July 8, 2002
$60,000 Research Award Focuses on Links Between Chemistry, Biology
Boise State University students are gaining a hands-on understanding of the connections between biology and chemistry as a part of a new $60,000 research program funded by the Merck Company Foundation and the American Association for the Advancement of Science.
The program provide stipends over a three-year period for selected undergraduate students to work on interdisciplinary research projects with faculty teams from biology and chemistry. Boise State is one of 15 institutions nationwide to receive funding through the program.
“By interacting with faculty from both the biology and chemistry departments on a single project, students will learn the role played, and the language spoken, by the other discipline,” said Martin Schimpf, associate dean of the College of Arts and Sciences and the program’s principal investigator.

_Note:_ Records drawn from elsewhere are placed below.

-- ===== src/Bridge/Access.antt =====
-- When the bridge reaches the bus, and with what.
use mathlib.Core.List.{append-nil, append_assoc}
use uscope_driver.Prelude.{
  ℕ, ◌+◌, ◌≤◌, ◌≡◌, refl, ap, ◌∙◌, true, false, List, [], ◌∷◌, ◌++◌, none, some, arith, u32, u64,
  length, str_eq, if◌then◌else◌,
}
use uscope_driver.Exec.{Result, err, runtime_error, fault}
use uscope_driver.Response.{ResponseCode}
use uscope_driver.Bus
use uscope_driver.Bus.{BusAccessor, BusOp}
use uscope_driver.Bus.Memory.{fcore_index, overlay, load_program_lem, write_op}
use uscope_driver.Bridge.{
  FpgaBridge, WriteObj, write_direct, write_taps, apply_filter, apply_program, set_scope_data,
  single_write_register, single_read_register,
}

-- The calls that clients make of a bridge for single registers.
pub data RegisterCall : Type 0 where
  write : WriteObj → RegisterCall
  read : ℕ → ℕ → RegisterCall
  filter : ℕ → List ℕ → RegisterCall
  scope_buffer : ℕ → ℕ → RegisterCall

abbrev pub after_call : RegisterCall → FpgaBridge → FpgaBridge
after_call (write w) h = (single_write_register w h).1
after_call (read random address) h = (single_read_register random address h).1
after_call (filter address taps) h = (apply_filter address taps h).1
after_call (scope_buffer buffer address) h = (set_scope_data buffer address h).1

write_taps_unloaded :
    (address i : ℕ) (taps : List ℕ) (h : FpgaBridge)
    → h.fpga_loaded ≡ false
    → write_taps address i taps h ≡ (Result.ok tt, h)
unfolding write_taps
write_taps_unloaded address i [] h off = refl
write_taps_unloaded address i (tap ∷ taps) h off =
    ground (arith, write_taps_unloaded address (i + 1) taps h)

-- Before a bitstream is loaded no call for a register changes anything: neither the memories, nor
-- the log, nor the bridge, whether the call succeeds or fails.
pub unloaded_registers :
    (c : RegisterCall) (h : FpgaBridge) → h.fpga_loaded ≡ false → after_call c h ≡ h
unfolding single_write_register single_read_register apply_filter set_scope_data
unloaded_registers (write w) h off = ground arith
unloaded_registers (read random address) h off = ground arith
unloaded_registers (filter address taps) h off =
    ground (arith, write_taps_unloaded address 0 taps h)
unloaded_registers (scope_buffer buffer address) h off = ground arith

-- A program, though, is stored in the cores' memory also when no bitstream is loaded.
pub unloaded_program :
    (h : FpgaBridge) (address : ℕ) (program : List ℕ)
    → h.fpga_loaded ≡ false
    → h.sink_mode ≡ false
    → h.core_addr ≤ address
    → fcore_index h.busses address + length program ≤ h.n_fcore
    → ((apply_program address program h).0 ≡ Result.ok ResponseCode.ok)
      × ((apply_program address program h).1.fcore
          ≡ overlay h.fcore (fcore_index h.busses address) program)
unfolding apply_program
unloaded_program h address program off on low fits =
    ground (arith, load_program_lem h.busses address program on low fits)

-- A bridge with more operations in its log.
abbrev pub log : FpgaBridge → List BusOp → FpgaBridge
log h ops = record h { busses = record h.busses { operations = h.operations ++ ops } }

pub log-log : (h : FpgaBridge) (xs ys : List BusOp) → log (log h xs) ys ≡ log h (xs ++ ys)
log-log h xs ys =
    ap (λ l. record h { busses = record h.busses { operations = l } })
      (append_assoc h.operations xs ys)

pub write_direct_sink :
    (addr val : ℕ) (h : FpgaBridge)
    → h.fpga_loaded ≡ true
    → h.sink_mode ≡ true
    → write_direct addr val h ≡ (Result.ok tt, log h (write_op (addr ∷ []) (u32 val) ∷ []))
unfolding write_direct Bus.write_register
write_direct_sink addr val h loaded sink = ground arith

-- What a register write does to a loaded bridge in sink mode, for each kind of write object.
abbrev pub expected_write : WriteObj → Result ResponseCode × List BusOp
expected_write w =
    if str_eq w.kind "direct"
    then (Result.ok ResponseCode.ok, write_op (w.address ∷ []) (u32 w.value) ∷ [])
    else if str_eq w.kind "proxied"
    then elim w.proxy_type [
      | none ↦ (err fault, [])
      | some proxy_type ↦
          if str_eq proxy_type "axis_constant"
          then elim w.proxy_address [
            | none ↦ (err fault, [])
            | some proxy ↦ (
              Result.ok ResponseCode.ok,
              write_op (u32 w.address ∷ proxy ∷ []) (u32 w.value) ∷ [],
            )
          ]
          else (err (runtime_error "ERROR: Unrecognised write proxy type"), [])
    ]
    else (err (runtime_error "ERROR: Unrecognised register write type"), [])

-- On a loaded bridge in sink mode a register write logs one operation and succeeds if it is direct,
-- or proxied with a known proxy type and an address; otherwise it fails and logs nothing.
pub single_write_register_sink :
    (w : WriteObj) (h : FpgaBridge)
    → h.fpga_loaded ≡ true
    → h.sink_mode ≡ true
    → single_write_register w h ≡ ((expected_write w).0, log h (expected_write w).1)
unfolding single_write_register Bus.write_register
single_write_register_sink w h loaded sink = ground (arith, append-nil h.operations)

-- The log of a filter: each tap at the address, and its number at the next register.
abbrev pub filter_log : ℕ → ℕ → List ℕ → List BusOp
filter_log address i [] = []
filter_log address i (tap ∷ taps) =
    write_op (address ∷ []) (u32 tap)
    ∷ write_op (u64 (address + 4) ∷ []) (u32 i)
    ∷ filter_log address (i + 1) taps

write_taps_sink :
    (address i : ℕ) (taps : List ℕ) (h : FpgaBridge)
    → h.fpga_loaded ≡ true
    → h.sink_mode ≡ true
    → write_taps address i taps h ≡ (Result.ok tt, log h (filter_log address i taps))
unfolding write_taps
write_taps_sink address i [] h loaded sink = ground (arith, append-nil h.operations)
write_taps_sink address i (tap ∷ taps) h loaded sink =
    let first = write_op (address ∷ []) (u32 tap) in
    let second = write_op (u64 (address + 4) ∷ []) (u32 i) in
    let h₁ = log h (first ∷ []) in
    let h₂ = log h₁ (second ∷ []) in
    let step : write_taps address i (tap ∷ taps) h ≡ write_taps address (i + 1) taps h₂ =
      ground (arith, write_direct_sink address tap h, write_direct_sink (u64 (address + 4)) i h₁) in
    step
    ∙ write_taps_sink address (i + 1) taps h₂ loaded sink
    ∙ ap {B = Result (Unit {0}) × FpgaBridge} (λ g. (Result.ok tt, g))
        (log-log h₁ (second ∷ []) (filter_log address (i + 1) taps)
          ∙ log-log h (first ∷ []) (second ∷ filter_log address (i + 1) taps))

-- With the bitstream loaded and the accesses disabled, a filter succeeds and logs each of its taps
-- in order, followed by the index of the tap; nothing else changes.
pub apply_filter_sink :
    (address : ℕ) (taps : List ℕ) (h : FpgaBridge)
    → h.fpga_loaded ≡ true
    → h.sink_mode ≡ true
    → apply_filter address taps h ≡ (Result.ok ResponseCode.ok, log h (filter_log address 0 taps))
unfolding apply_filter
apply_filter_sink address taps h loaded sink =
    ground (arith, write_taps_sink address 0 taps h loaded sink)
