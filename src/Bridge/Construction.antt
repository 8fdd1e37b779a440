-- ===== src/Bridge/Construction.antt =====
-- src/hw_interface/fpga_bridge.cpp: the constructor of a bridge, which finds out whether the FPGA is
-- loaded already. Every manager and every deployer has a bridge of its own, and they share the mark.
use uscope_driver.Prelude.{String, true, Option, none, some, if◌then◌else◌, str_eq}
use uscope_driver.Bridge.{FpgaBridge}
use uscope_driver.Interfaces.{InterfacesDictionary, FilePath, PathError, found, get_fpga_state_if}
use uscope_driver.Interfaces

-- How a constructor ends: with a bridge, by a call of `exit`, or with an exception.
pub data Construction : Type 0 where
  made : FpgaBridge → Construction
  exited : Construction
  thrown : PathError → Construction

-- `read_word` is the first word of a file.
abbrev with_state : (String → String) → FilePath → FpgaBridge → Construction
with_state read_word (found path) h =
    if str_eq (read_word path) "operating" then made (record h { fpga_loaded = true }) else made h
with_state read_word (Interfaces.thrown e) h = thrown e

unfoldable pub make_fpga_bridge :
    (String → String) → Option String → InterfacesDictionary → FpgaBridge → Construction
make_fpga_bridge read_word none d h = exited
make_fpga_bridge read_word (some arch) d h = with_state read_word (get_fpga_state_if d) h
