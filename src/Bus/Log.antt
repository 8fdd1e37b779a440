-- ===== src/Bus/Log.antt =====
-- The log of operations, and runs with the accesses disabled.
use uscope_driver.Prelude.{
  ℕ, ◌+◌, ◌≤◌, ◌≡◌, refl, sym, ap, ◌∙◌, true, List, [], ◌∷◌, ◌++◌, map, ◌⊎◌, inl, inr, u32, arith,
  length,
}
use mathlib.Core.List.{append-nil, append_assoc}
use uscope_driver.Bus.{
  BusAccessor, BusOp, control_plane_write, control_plane_read, rom_plane_write, write_register,
  write_words, read_register, read_words, load_program, store_program, store, disable_access,
  enable_access,
}
use uscope_driver.Bus.Memory.{fcore_index}

-- The calls that clients make of the bus; a read carries the number made up in sink mode.
pub data BusCall : Type 0 where
  writes : List ℕ → ℕ → BusCall
  reads : ℕ → List ℕ → BusCall
  loads : ℕ → List ℕ → BusCall

-- The state that a call leaves, whether it succeeded or not.
abbrev pub call : BusCall → BusAccessor → BusAccessor
call (writes addresses value) b = (write_register addresses value b).1
call (reads random address) b = (read_register random address b).1
call (loads address program) b = (load_program address program b).1

abbrev pub calls : List BusCall → BusAccessor → BusAccessor
calls [] b = b
calls (c ∷ cs) b = calls cs (call c b)

-- The entry that describes a call.
abbrev pub describe : BusCall → BusOp
describe (writes addresses value) = record {
  address = addresses;
  values = value ∷ [];
  kind = control_plane_write;
}
describe (reads random address) = record {
  address = address;
  values = 0 ∷ [];
  kind = control_plane_read;
}
describe (loads address program) = record {
  address = address ∷ [];
  values = program;
  kind = rom_plane_write;
}

call_sink :
    (c : BusCall) (b : BusAccessor)
    → b.sink_mode ≡ true
    → call c b ≡ record b { operations = b.operations ++ describe c ∷ [] }
unfolding write_register read_register load_program
call_sink (writes addresses value) b h = ground arith
call_sink (reads random address) b h = ground arith
call_sink (loads address program) b h = ground arith

-- In sink mode a sequence of calls changes nothing but the log, which gets the description of each
-- call, in order.
pub calls_sink :
    (cs : List BusCall) (b : BusAccessor)
    → b.sink_mode ≡ true
    → calls cs b ≡ record b { operations = b.operations ++ map describe cs }
calls_sink [] b h = ap (λ l. record b { operations = l }) (sym (append-nil _))
calls_sink (c ∷ cs) b h =
    ap (calls cs) (call_sink c b h)
    ∙ calls_sink cs (record b { operations = b.operations ++ describe c ∷ [] }) h
    ∙ ap (λ l. record b { operations = l })
        (append_assoc b.operations (describe c ∷ []) (map describe cs))

-- A run between `disable_access` and `enable_access` leaves the memories and the sink mode as they
-- were before, and adds the description of each of its calls to the log.
pub dry_run :
    (cs : List BusCall) (b : BusAccessor)
    → let after = enable_access (calls cs (disable_access b)) in
      (after.registers ≡ b.registers)
      × (after.fcore ≡ b.fcore)
      × (after.sink_mode ≡ b.sink_mode)
      × (after.operations ≡ b.operations ++ map describe cs)
unfolding disable_access enable_access
dry_run cs b = rw (calls_sink cs (disable_access b) refl) (refl, refl, refl, refl)

operations-write_words :
    (addresses : List ℕ) (value : ℕ) (b : BusAccessor)
    → (write_words addresses value b).1.operations ≡ b.operations
unfolding write_words
operations-write_words [] value b = refl
operations-write_words (a ∷ []) value b = ground arith
operations-write_words (a ∷ p ∷ r) value b = ground arith

operations-read_words :
    (addresses : List ℕ) (b : BusAccessor) → (read_words addresses b).1.operations ≡ b.operations
unfolding read_words
operations-read_words [] b = refl
operations-read_words (a ∷ []) b = ground arith
operations-read_words (a ∷ p ∷ r) b = refl

operations-store_program :
    (address i : ℕ) (program : List ℕ) (b : BusAccessor)
    → (store_program address i program b).1.operations ≡ b.operations
unfolding store_program
operations-store_program address i [] b = refl
operations-store_program address i (word ∷ program) b = ground (
  arith,
  operations-store_program address (i + 1) program
      (record b { fcore = store b.fcore (i + fcore_index b address) (u32 word) }),
)

-- Whether a call that runs to its end or fails reaches the log.
operations-call :
    (c : BusCall) (b : BusAccessor)
    → ((call c b).operations ≡ b.operations ++ describe c ∷ [])
      ⊎ ((call c b).operations ≡ b.operations)
unfolding write_register read_register load_program
operations-call (writes addresses value) b = ground (
  arith,
  operations-write_words addresses value
      (record b { operations = b.operations ++ describe (writes addresses value) ∷ [] }),
)
operations-call (reads random address) b = ground (
  arith,
  operations-read_words address
      (record b { operations = b.operations ++ describe (reads random address) ∷ [] }),
)
operations-call (loads address program) b =
    ground (arith, operations-store_program address 0 program b)

-- The log only grows: calls, in either mode and failing or not, keep every entry and add at most
-- one for each call.
pub calls_extend :
    (cs : List BusCall) (b : BusAccessor)
    → (added : List BusOp) × ((calls cs b).operations ≡ b.operations ++ added)
      × (length added ≤ length cs)
calls_extend [] b = ([], sym (append-nil _), omega arith)
calls_extend (c ∷ cs) b =
    let (added, e, short) = calls_extend cs (call c b) in
    elim (operations-call c b) [
      | inl one ↦ (
        describe c ∷ added,
        e ∙ ap (λ l. l ++ added) one ∙ append_assoc b.operations (describe c ∷ []) added,
        omega arith,
      )
      | inr same ↦ (added, e ∙ ap (λ l. l ++ added) same, omega arith)
    ]
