-- ===== src/Bus/Planes.antt =====
-- src/hw_interface/bus/bus_accessor.cpp: the logged writes as texts for the simulation of the hardware.
use uscope_driver.Prelude.{ℕ, ◌+◌, String, List, [], ◌∷◌, u64}
use uscope_driver.Decimal.{concat, to_string}
use uscope_driver.Exec.{Result, ok, err, fault}
use uscope_driver.Bus.{
  BusOp, control_plane_write, rom_plane_write, control_plane_read, rom_plane_read,
}

abbrev line : ℕ → ℕ → String
line address value = concat (to_string address ∷ ":" ∷ to_string value ∷ "\n" ∷ [])

-- The words of a program from `address` on.
unfoldable pub rom_lines : ℕ → List ℕ → String
unfolding to_string
rom_lines address [] = ""
rom_lines address (word ∷ program) =
    concat (line address word ∷ rom_lines (u64 (address + 4)) program ∷ [])

-- Each value beside the address of the same place.
unfoldable pub control_lines : List ℕ → List ℕ → Result String
unfolding to_string
control_lines address [] = ok ""
control_lines [] (value ∷ values) = err fault
control_lines (a ∷ address) (value ∷ values) = elim (control_lines address values) [
  | err e ↦ err e
  | ok rest ↦ ok (concat (line a value ∷ rest ∷ []))
]

-- What an operation adds to the text of the core memories and to that of the registers.
unfoldable pub planes_of : BusOp → Result (String × String)
unfolding rom_lines control_lines
planes_of o = elim o.kind [
  | rom_plane_write ↦ elim o.address [ [] ↦ err fault | a ∷ rest ↦ ok (rom_lines a o.values, "") ]
  | control_plane_write ↦ elim (control_lines o.address o.values) [
    | err e ↦ err e
    | ok lines ↦ ok ("", lines)
  ]
  | control_plane_read ↦ ok ("", "")
  | rom_plane_read ↦ ok ("", "")
]

unfoldable pub get_hardware_simulation_data : List BusOp → Result (String × String)
unfolding planes_of
get_hardware_simulation_data [] = ok ("", "")
get_hardware_simulation_data (o ∷ ops) = elim (planes_of o) [
  | err e ↦ err e
  | ok first ↦ elim (get_hardware_simulation_data ops) [
    | err e ↦ err e
    | ok rest ↦ ok (concat (first.0 ∷ rest.0 ∷ []), concat (first.1 ∷ rest.1 ∷ []))
  ]
]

“This experience will allow undergraduate biology and chemistry students to take a giant step into the future, where multidisciplinary teams will become increasingly important to the advancement of scientific knowledge,” he added.
Schimpf, a chemistry professor, is collaborating with biology professor Julia Oxford and student Phuong Doan to study the role a specific type of large molecule called a propeptide may play in molecular structures that lead to retinal detachments and subsequent vision loss among elderly patients.
The project draws on Oxford’s expertise in the structure and function of collagen, a protein involved in a variety of biological structures. The project also draws on Schimpf’s expertise in field-flow fractionation, a separation technique he has developed over the past 15 years that can be used to isolate and study the interaction of molecules.
In Oxford’s lab, Doan will learn to prepare cultures that contain vitreous humor, a collagen structure that holds the eye’s retina in place. Then, in Schimpf’s laboratory, he will use field flow fractionation to study the role of the propeptide in the behavior of those structures. By modifying the cultures in specific ways, the team can then learn about the molecular mechanism that leads to changes in the vitreous humor. That knowledge could help researchers develop a strategy to prevent vision loss where a deteriorating vitreous humor causes retinal detachments.
Students each receive a stipend of $5,000 a year. Other faculty teams include biology professor Steve Novak and chemistry professor Robert Ellis, who are working with students Kevin Hansen and Robert Lefler on genetic studies involving Medusahead Rye, an invasive grass species, and on a project to study the responses of certain plant species capable of growing at mine sites contaminated by heavy metals.
A third faculty team pairs biology professor Marcelo Serpe and chemistry professor Henry Charlier with Boise State student Amber Hibbard. They’ll study the role of certain proteins in the development of plant cells that produce latex. Latex is an important source of natural rubber and also contains many compounds that have potential pharmaceutical use.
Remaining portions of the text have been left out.